[ RadSafe ] Imaging Technologies- stimulus for discussion. Corrections/additions welcomed.
Dixon, John E. (CDC/ONDIEH/NCEH)
gyf7 at cdc.gov
Thu Dec 2 14:49:08 CST 2010
Do these airport scanners "scan" in the same way as the port cargo
scanner (CAARs - NCRP Commentary 20)?
From: radsafe-bounces at health.phys.iit.edu
[mailto:radsafe-bounces at health.phys.iit.edu] On Behalf Of Geo>K0FF
Sent: Thursday, December 02, 2010 2:51 PM
Subject: [ RadSafe ] Imaging Technologies- stimulus for discussion.
In this method the entire picture is imaged in the same instant.

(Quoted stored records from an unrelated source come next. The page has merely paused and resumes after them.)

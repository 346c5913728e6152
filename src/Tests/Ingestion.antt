-- ===== src/Tests/Ingestion.antt =====
-- Ingestions at concrete inputs.
use kb_backend.Reconcile.Agreement.{is_clean}
use kb_backend.Ingest.Publish.Clean.{Holds}
use kb_backend.Ingest.Publish.Reconciled.{IsSettled, ingest_file-is_clean}
use kb_backend.Reconcile.{is_shown, classify}
use kb_backend.Prelude.Text.{join}
use kb_backend.Ingest.Publish.Succeeds.{has_earlier, ingest_file_succeeds}
use kb_backend.Ingest.Publish.Indexed.{indexed}
use kb_backend.Relay.{
  pending_count, drain, drain_rows, is_pending, drain_row, publish, publish_available,
}
use kb_backend.Ingest.Publish.Headings.{ingest_file-no_heading, has_no_heading}
use kb_backend.Ingest.Publish.Atomic.{IsAtomic, ingest_file-IsAtomic}
use kb_backend.Ingest.Diff.{match_chunks}
use kb_backend.Ingest.Publish.Aligned.{IsAligned, ingest_file-IsAligned}
use kb_backend.Prelude.{
  contains, if◌then◌else◌, ℕ, ◌+◌, ◌*◌, String, ◌≡◌, refl, true, false, none, some, List, [], ◌∷◌,
  map, ◌==◌, ◌++◌, lookup, any, find, arith,
}
use kb_backend.Es.{Store, fake_es, empty_doc, Doc, fake_index, fake_get}
use kb_backend.Db.{FileRow, World}
use kb_backend.Ingest.Sources.{Piece, Tools, new_chunks_of}
use kb_backend.Ingest.Build.{build_sources}
use kb_backend.Ingest.Publish.{
  plan_file, ingest_file, raised, done, report, old_ids, publish_plan, staged, publish_flip,
}
use kb_backend.Relay.Effects.{marked}
use kb_backend.Ingest.Stage.{
  stage_all, fits_column, Plan, stage_items, max_version, by_id, StagedItem,
}
use kb_backend.Tests.Outbox.{update_rows, update_rows-AllKnown}
use kb_backend.Tests.Purge.{file, chunk, world, env}

-- two chunks, and one summary of the first under the given heading
abbrev tools : List String → Tools ℕ ℕ
tools heading =
    let piece : String → ℕ → Piece = λ text order. record {
      content = text;
      section_path = none;
      page = 1;
      chunk_order = order;
      skip_summary = false;
    } in
    record {
      read_file_bytes = λ key. some (1 ∷ []);
      parse_bytes = λ bytes mime name layout. some (1 ∷ []);
      chunk = λ method blocks cfg. piece "alpha" 0 ∷ piece "beta" 1 ∷ [];
      uuid5 = λ fid version order. 1000 * version + order;
      uuid4 = λ i. 500 + i;
      sha256 = λ s. 200;
      simhash = λ s. 5;
      embed_batch = λ texts. some (map (λ t. 1 ∷ []) texts);
      summarize_file = λ cs. some (
          record { summary_text = "sum"; source_chunk_ids = 3000 ∷ []; heading_path = heading }
          ∷ []);
      ratio = λ a b. a;
      nought = 0;
      is_small = λ r. r == 0;
    }

-- the file has a published version 2, and events of an update are still pending
abbrev before : World ℕ (Store ℕ)
before = record world {
  pg = record world.pg {
    files = record file { summary_enabled = true } ∷ [];
    chunks = chunk 2 2 ∷ [];
    versions =
        record {
          file_id = 7;
          doc_version = 2;
          chunk_version = 2;
          summary_version = 2;
          anchor_version = 2;
        }
        ∷ [];
    outbox = update_rows;
  };
}

abbrev pub good : Tools ℕ ℕ
good = tools ("a" ∷ [])

abbrev the_file : FileRow
the_file = record file { summary_enabled = true }

planned : (plan : Plan ℕ) × (plan_file good fake_es the_file before ≡ some plan)
unfolding plan_file build_sources new_chunks_of match_chunks
planned = (_, refl)

made : (items : List (StagedItem ℕ)) × (stage_all good the_file planned.0 ≡ some items)
unfolding planned stage_all stage_items by_id join fits_column
made = (_, refl)

ingest_file-IsAtomic_example :
    let (w', e) = ingest_file good env fake_es 7 before in IsAtomic 7 before.pg w'.pg e
ingest_file-IsAtomic_example = ingest_file-IsAtomic good env fake_es 7 before

before-IsAligned : IsAligned before.pg
unfolding max_version
before-IsAligned = refl

ingest_file-IsAligned_example : IsAligned (ingest_file good env fake_es 7 before).0.pg
ingest_file-IsAligned_example = ingest_file-IsAligned good env fake_es 7 before before-IsAligned

ingest_file_succeeds_example :
    let (w', e) = ingest_file good env fake_es 7 before in
    let new_ids = map (λ c. c.chunk_id) planned.0.chunks ++ map (λ r. r.summary.id) made.0 in
    (e ≡ done (report the_file planned.0))
    × (pending_count (some 7) w'.pg.outbox ≡ 0)
    × ((j : ℕ)
        → lookup j w'.es ≡ (
            let o = indexed env the_file planned.0 made.0 before update_rows-AllKnown j in
            if has_earlier 7 planned.0.target before.pg j
            then some (marked 0 o)
            else if contains new_ids j
            then some (marked 1 o)
            else o))
ingest_file_succeeds_example =
    ingest_file_succeeds good env 7 the_file planned.0 made.0 before update_rows-AllKnown refl
      planned.1 made.1

-- the summary has no heading
abbrev bad : Tools ℕ ℕ
bad = tools []

bad_planned : (plan : Plan ℕ) × (plan_file bad fake_es the_file before ≡ some plan)
unfolding plan_file build_sources new_chunks_of match_chunks
bad_planned = (_, refl)

headless : any has_no_heading bad_planned.0.sources.items ≡ true
unfolding bad_planned join
headless = refl

ingest_file-no_heading_example : ingest_file bad env fake_es 7 before ≡ (before, raised)
ingest_file-no_heading_example =
    ingest_file-no_heading bad env fake_es 7 the_file bad_planned.0 before refl bad_planned.1
      headless

-- the file with nothing pending, its published chunk visible in the index
abbrev calm : World ℕ (Store ℕ)
calm = record before {
  pg = record before.pg { outbox = [] };
  es =
      (
        2,
        record empty_doc {
          file_id_kwd = some 7;
          tenant_id_kwd = some 1;
          chunk_version_int = some 2;
          available_int = some 1;
        },
      )
      ∷ [];
}

calm_planned : (plan : Plan ℕ) × (plan_file good fake_es the_file calm ≡ some plan)
unfolding plan_file build_sources new_chunks_of match_chunks
calm_planned = (_, refl)

calm_made : (items : List (StagedItem ℕ)) × (stage_all good the_file calm_planned.0 ≡ some items)
unfolding calm_planned stage_all stage_items by_id join fits_column
calm_made = (_, refl)

calm-IsSettled : IsSettled the_file calm_planned.0.target calm
unfolding calm_planned pending_count old_ids is_shown
calm-IsSettled = record {
  known = tt;
  idle = refl;
  chunks = refl;
  summaries = refl;
  shown = λ j d h s. ground (arith, h);
}

afterwards :
    (g : FileRow) × (ds : List (ℕ × Doc ℕ)) × (find
        (λ g. g.id == 7)
        (ingest_file good env fake_es 7 calm).0.pg.files
      ≡ some g)
    × Holds (ingest_file good env fake_es 7 calm).0.es ds
unfolding ingest_file plan_file build_sources new_chunks_of match_chunks stage_all fits_column
    stage_items join publish_plan pending_count staged drain drain_rows is_pending drain_row publish
    fake_index publish_flip publish_available fake_get
afterwards =
    (_, (2, _) ∷ (3000, _) ∷ (3001, _) ∷ (500, _) ∷ [], refl, (refl, (refl, (refl, (refl, tt)))))

ingest_file-is_clean_example :
    is_clean (
      classify fake_es
        (ingest_file good env fake_es 7 calm).0.es
        afterwards.1
        7
        1
        afterwards.0
        (ingest_file good env fake_es 7 calm).0.pg)
    ≡ true
ingest_file-is_clean_example =
    ingest_file-is_clean good env 7 the_file afterwards.0 calm_planned.0 calm_made.0 calm
      afterwards.1 calm-IsSettled refl calm_planned.1 calm_made.1
      (unfold calm_planned calm_made in refl) (unfold calm_planned calm_made old_ids in refl)
      afterwards.2 afterwards.3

Flash photography is the best everyday example of this method. Inside
the camera the film is exposed to the image all at one time, with the
total amount of exposure determined by the intensity and duration of the
Conventional X-Ray machines operate using this principle. On one side of
the subject is the X-Ray source which when activated transilluminates
the entire subject at once. On the other side of the subject is the
sensor (X-Ray film) which receives the full image in one burst. X-Ray
sources can be pulsed or continuous, the film averages out the entire
total energy into a single exposure.
Dosimetry. The X-Ray field is homogenous across the entire field.
Measuring methodology would have to take into account the frequency
issue if a pulsed beam is used, and the time duration in any case. Pulse
dependant detection technology (i.e. GM tube) is insufficient to
measure this type flux as it will produce only one "click" per episode
no matter how many actual pulses are present and independent of their
intensity. TLDs, film badges, Ion-chambers, PICs etc would certainly be
appropriate as the beam is large and all encompassing.
One small spot is scanned horizontally from one edge to the other, at
the end of each line being quickly retracted to the starting point,
incremented down by one line and repeat the horizontal scan. This is
repeated until the spot reaches the farthest corner of the image from
where it started where it is quickly retracted back to the starting
position. The resulting image is called a "frame". On the next pass, the
spot may be directed to start at a position in- between the first two
lines of the previous frame. In this type system called "interlaced" the
resolution is approximately doubled as the second scan fills in-between
the first scan, producing an overall image called a "Picture". The
"Picture' is made up of thousands of individual spots we call "Pixels".
CRT displays, TV sets and TV cameras work on this principle, in the USA
we see 60 frames and 30 full pictures each second.
The X-Ray analogy to the "Flying Spot" is the airport backscatter
machine. A "pencil beam" ( 28 keV is mentioned in literature, no
mention found of the mA, spot size, speed) is scanned across the body
from one side to the other, incremented down one line and the process
repeated ( per info on patent)..
There is really no need to go all the way back to the starting side
since the subsequent line can be scanned in a backwards configuration
and turned around in software. Since the X-Ray beam bounces off rather
than penetrate the body, two scanners are implemented, one on the front
side and one on the back side, providing continuous coverage.
Interlacing in my opinion would not be desired or required.
Dosimetry: This to me is problematic. I can see where TLDs; film badges
etc would be insufficient because the beam is small and moving. In
addition, in the case of equipment failure, the spot might be located in
one position for an extended period of time. Naturally if it were to
stall anywhere except right over the TLD, the dose would not be recorded
properly Similarly how would one measure the flux with instrumentation
even in a properly operating machine, how does the total energy
deposited over the whole surface relate to a single reading taken with a
relatively small detector ( i.e. ion-chamber)?
Similar in concept but different in detail compared to the "Flying
Spot". In the "Line Scanner", a whole line at a time is imaged. The next
line is sequentially scanned all at once and so on until a full picture
is imaged. Copy machines and FAX machines work on this principle. In the
case of a copy machine, the paper to be copied stays still and the light
is moved. In a FAX machine, the paper to be copied moves across a fixed
line of sensors.
Airport carry-on luggage scanners work using this principle. Inside is a
beam of X-Rays forming a line the full width of the conveyor belt.
Physical movement of the conveyor belt provides the "scan" into the line
of fixed sensors. It would be quite possible to build the "line" up from
a moving X-Ray beam, the principle remains the same.